E saiu junto á sua prima, deixando Kiyara de olhos lacrimejando e uma cara apavorada. Seu coração batia a mil, ela estava com medo do albino...
[...]
– Vai ficar aí parada mesmo? — Utau voltou e se abaixou, ficando ao lado da morena, que desviou o olhar do chão para seu rosto vagarosamente, estava mais pálida que o normal e de olhos lacimejados.
– N-não consigo m-me mexer. — Respondeu em um fio de voz trêmulo.
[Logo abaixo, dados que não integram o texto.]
-- ===== src/Common/Text/Trim.antt =====
-- A trimmed text is trimmed no further.
use Prim.Native.String.{String, [], ◌∷◌}
use mathlib.Core.Bool.{Bool, true, not}
use mathlib.Core.Path.{◌≡◌, refl, ap, ◌∙◌}
use native.Mathlib.Omega.{arith}
use speechmesh.Common.Text.{is_whitespace, trim_start, trim_end, trim}

abbrev starts_solid : String → Bool
starts_solid [] = true
starts_solid (c ∷ s) = not (is_whitespace c)

trim_start-solid : (s : String) → starts_solid (trim_start s) ≡ true
unfolding trim_start
trim_start-solid [] = refl
trim_start-solid (c ∷ s) = ground (arith, trim_start-solid s)

trim_start-fixed : (s : String) → starts_solid s ≡ true → trim_start s ≡ s
unfolding trim_start
trim_start-fixed [] h = refl
trim_start-fixed (c ∷ s) h = ground (arith, h)

trim_end-solid : (s : String) → starts_solid s ≡ true → starts_solid (trim_end s) ≡ true
unfolding trim_end
trim_end-solid [] h = refl
trim_end-solid (c ∷ s) h = ground (arith, h)

trim_end-trim_end : (s : String) → trim_end (trim_end s) ≡ trim_end s
unfolding trim_end
trim_end-trim_end [] = refl
trim_end-trim_end (c ∷ s) = ground (arith, trim_end-trim_end s)

pub trim-trim : (s : String) → trim (trim s) ≡ trim s
unfolding trim
trim-trim s =
    ap trim_end (trim_start-fixed (trim s) (trim_end-solid (trim_start s) (trim_start-solid s)))
    ∙ trim_end-trim_end (trim_start s)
– Está com medo do Fuusuke? — Perguntou à vampira que acenou positivamente e devagar com a cabeça. Utau suspirou pesadamente. — Entendo... tenho que pedir para ele parar... mas não fique assim, ele não vai mais fazer nada. — Utau levantou-se e estendeu á mão a vampira, que aceitou hesitante e tremendo. O olhar frio do albino tinha lhe penetrado de uma forma tão profunda e... assustadora, que ela mal falava.
– Ei, Fuusuke! — Utau se aproximou do primo, ainda segurando a mão de Kiyara, como se ela fosse uma criança indefesa. O albino encarou a garota de canto de olho, inexpressivo.
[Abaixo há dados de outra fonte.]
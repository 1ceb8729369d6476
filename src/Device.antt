-- ===== src/Device.antt =====
-- The device crate: devices and their endpoints, the registry of agents, and the routing over it.
pub mod Model
pub mod Registry
pub mod Router
pub mod Examples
– O que foi? — Sua voz saiu grossa e em tom rude, o que não é nenhuma novidade.
– Assustou a garota. — Fez um leve gesto com a cabeça apontando para Kiyara. — Devia pedir desculpas.
– Não farei isso. Ela mereceu. — Respondeu friamente.
– Como você é cruel! — Utau se indignou com a atitude do primo. — Você já está passando dos limites!
– É, talvez. — Suzuno não fez nenhuma questão de continuar a conversa.
– Porque a odeia tanto? — Perguntou lhe encarando.
– Isso não é da sua conta. — Suzuno mudou seu rumo para o corredor dos quartos.
– Não vai mais procurar a chapinha? — Indgou, insistindo em continuar o diálogo.
– Não estou mais interessado no prêmio. — Disse simplesmente antes de fechar a porta de seu quarto de vez.
– Tudo bem então... — Diz Utau para em seguida dar um longo suspiro e seguir seu caminho. Levaria Kiyara para seu quarto, a mesma estava traumatizada.
[...]
– Desisto! Aquele treco deve ter evaporado de vez e... — Midorikawa reclamava enquanto voltava para a sala ofegante e lá... encontrou mais duas pessoas além de Edgar.– Mioko? Madoka? O que fazem aqui?
– Achei que seria muito estressante e cansativo sair á procura de um objeto inútil então, decidi ficar aqui e dar apoio moral ao pobre homem. — Mioko respondeu sarcástica.
– Engraçadinha. — Midorikawa fez uma careta. — E você, Madoka?
– Ah, estou aqui por que... eu quis. — E sorriu, deixando Midorikawa irritado.
– Como garotas são irritantes. — O esverdado bufou, cruzou os braços e sentou-se na poltrona com as pernas na posição de borboleta.
– Realmente... — Mioko disfarçou a irônia no tom de voz.
– Vocês dois amam uma discussão! — Madoka interferiu.
– Com certeza! — Midorikawa abriu um sorriso fofo e curvou-se um pouco para frente.
– Que nada, sou da paz! — Mioko levantou os braços em rendição, jogando-se no sofá.
– Que lindo! Vocês são tão diferentes, mas tão fofos juntos! — Madoka sorriu amigávelmente observando os dois ficarem com as bochechas coradas.
– N-não diga besteiras, Madoka-chan! — A ruiva mais conhecida com Mioko inflou as bochechas rosadas e Midorikawa fez bico.
– Essa garota sofre seriamente de insuficiência mental, não é possível... — Comentou Midorikawa, fazendo escorrer uma gota pela cabeça de Mioko.
– Estamos esqueçendo do inconsolável Tio Edgar... pobre homem, sofre tanto com a perda de sua ilustre e amada chapinha... — Mioko se levantou de seu lugar que caminhou até o homem. Ela fazia gestos teatrais em quanto falava em um tom melancólico e sofrido. Agora foi a vez de Midorikawa e Madoka deixarem uma gota escorrer por suas cabeças. Mioko se aproximou do homem e pos a mão em seu ombro. — Fique tranquilo coroa, ela deve estar em um lugar melhor agora. — Mioko olhou para o nada com uma expressão determinada.
– Mas ela... — Ele tentou argumentar, mas novamente, Mioko interferiu.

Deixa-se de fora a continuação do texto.